Wednesday, February 10, 2010
A while ago when I became really dedicated to food storage I decided I would only store food that I will eat and rotate. At that time I decided that I wouldn't purchase prepared chili anymore. I needed to learn how to make it. I tried, but my beans were old and I cooked and cooked them - but they never became nice like chili is suppose to be. These beans were not stored correctly and were old. I ended up throwing them out and getting new beans. What a difference that has made. I am really glad I tried it before a disaster and replaced them with new. Now that I am rotating my food storage, I hope to never have old "food" again - with no more waste.
The night before I make chili I rinse the beans and soak them in water over night. Just beans and water only.
3 cups of beans and water to cover them and I put the lid on the pan. Soak overnight.
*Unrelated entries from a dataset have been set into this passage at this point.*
-- ===== src/Speaker/Pins.antt =====
-- The volume pins: what an initialised speaker has, and what a level sets.
use battery_info.Prelude.{
  ℕ, zero, suc, ◌/◌, ◌%◌, ◌≤◌, ◌≡◌, ◌≢◌, false, leb, if◌then◌else◌, List, [], ◌∷◌, none, some,
  arith,
}
use battery_info.Speaker.Env.{set_line, speaker_inited, Speaker, Env, speaker_error_out_of_bounds}
use battery_info.Speaker.Volume.{open_volume_pins, close_volume_pins, set_volume, pin_value}
use battery_info.Speaker.Pwm.{pwm_write}
use battery_info.Speaker.Device.{init, write_pitch, play_pitch, de_init}

-- An initialised speaker has its chip and both lines.
pub record HasPins (s : Speaker) : Type 0 where
  pub chip_open : s.chip ≢ none
  pub en1_open : s.en1_line ≢ none
  pub en2_open : s.en2_line ≢ none

abbrev pub IsValid : Speaker → Type 0
IsValid s = s.state ≡ speaker_inited → HasPins s

open_volume_pins-HasPins :
    (env : Env) (s : Speaker) → (open_volume_pins env s).0 ≡ 0 → HasPins (open_volume_pins env s).1
unfolding open_volume_pins
open_volume_pins-HasPins env s h = ground arith

init-IsValid : (env : Env) (s : Speaker) → IsValid s → IsValid (init env s).1
unfolding init
init-IsValid env s v h = ground arith

play_pitch-IsValid : (env : Env) (f : ℕ) (s : Speaker) → IsValid s → IsValid (play_pitch env f s).1
unfolding play_pitch write_pitch pwm_write
play_pitch-IsValid env f s v h = ground (arith, v)

de_init-IsValid : (env : Env) (s : Speaker) → IsValid s → IsValid (de_init env s).1
unfolding de_init close_volume_pins pwm_write
de_init-IsValid env s v h = ground (arith, v)

set_volume-IsValid : (env : Env) (n : ℕ) (s : Speaker) → IsValid s → IsValid (set_volume env n s).1
unfolding set_volume
set_volume-IsValid env n s v h = ground (arith, v)

-- A call of the interface, with what the system answers during it.
pub data Call : Type 0 where
  init_call de_init_call : Env → Call
  play_pitch_call set_volume_call : Env → ℕ → Call

unfoldable pub step : Speaker → Call → ℕ × Speaker
step s (init_call env) = init env s
step s (de_init_call env) = de_init env s
step s (play_pitch_call env f) = play_pitch env f s
step s (set_volume_call env n) = set_volume env n s

-- The state after a row of calls.
unfoldable pub run : List Call → Speaker → Speaker
run [] s = s
run (c ∷ cs) s = run cs (step s c).1

step-IsValid : (c : Call) (s : Speaker) → IsValid s → IsValid (step s c).1
unfolding step
step-IsValid (init_call env) s v = init-IsValid env s v
step-IsValid (de_init_call env) s v = de_init-IsValid env s v
step-IsValid (play_pitch_call env f) s v = play_pitch-IsValid env f s v
step-IsValid (set_volume_call env n) s v = set_volume-IsValid env n s v

-- From a speaker that is not initialised, and through any calls whatever the system answers to
-- them: whenever the speaker counts as initialised, its chip and both of its lines are open.
pub run-HasPins :
    (calls : List Call) (s : Speaker)
    → IsValid s
    → (run calls s).state ≡ speaker_inited
    → HasPins (run calls s)
unfolding run
run-HasPins [] s v h = v h
run-HasPins (c ∷ cs) s v h = run-HasPins cs (step s c).1 (step-IsValid c s v) h

pin_bits :
    (level : ℕ) → level ≤ 3 → (pin_value level 1 ≡ level % 2) × (pin_value level 2 ≡ level / 2)
pin_bits zero h = omega arith
pin_bits (suc zero) h = omega arith
pin_bits (suc (suc zero)) h = omega arith
pin_bits (suc (suc (suc zero))) h = omega arith
pin_bits (suc (suc (suc (suc n)))) h = absurd (omega arith)

-- Where both lines are open and the pins can be written, a level of at most 3 sets the second
-- pin to its low bit and then the first pin to its high bit, and changes nothing else; a greater
-- level is refused as out of bounds, and changes nothing.
pub set_volume_lem :
    (env : Env) (level l1 l2 : ℕ) (s : Speaker)
    → env.volume_lock_fails ≡ false
    → ((l v : ℕ) → env.line_set_value_fails l v ≡ false)
    → s.en1_line ≡ some l1
    → s.en2_line ≡ some l2
    → set_volume env level s ≡ (
        if leb level 3
        then (
          0,
          record s { effects = set_line l1 (level / 2) ∷ set_line l2 (level % 2) ∷ s.effects },
        )
        else (speaker_error_out_of_bounds, s))
unfolding set_volume
set_volume_lem env level l1 l2 s lock works e1 e2 =
    ground (arith, pin_bits level, works l2 (pin_value level 1), works l1 (pin_value level 2))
In the morning I rinse and drain the beans and put them in a crock pot with 8 cups of new water and 1 teaspoons of salt.
Then I cook them all day until I get home from work on a low setting. When I get home I start the meat and sauce portion of the chili.
1 pounds ground beef
1 onions, chopped
2 cloves garlic, minced
2 Tablespoons chili powder
1 teaspoons salt
1 teaspoons dried oregano
4 (14.5 oz) cans stewed tomatoes (I use 2 quart bottles I canned)
1 can tomato sauce
(Picture above is for double batch) Cook ground beef/hamburger with onions and garlic.
Then add the remaining ingredients, chili powder, salt, oregano to the meat mixture and let cook for a while before adding the tomatoes and tomato sauce to the ground beef. Break up tomatoes while stirring (I add to my blender and just break them up with a quick pulse and then add to the meat.) Heat to boiling, reduce heat to simmer and cover. Cook, stirring occasionally, for 1 hour.
Add in beans. I use a slotted spoon and take the beans out from the crock pot and add them to the meat sauce. I don't add the juice I cooked the beans in - I just add the beans. You can add the water if you want, but I like chili not too runny and thicker.
Simmer, uncovered for 20 minutes; stir occasionally.
It's a huge batch of chili and oh so yummy.
I put the remaining chili in quart size freezer bags and freeze. It's nice to be able to have homemade chili any time we want it. It's also nice to know I can make it and it's good.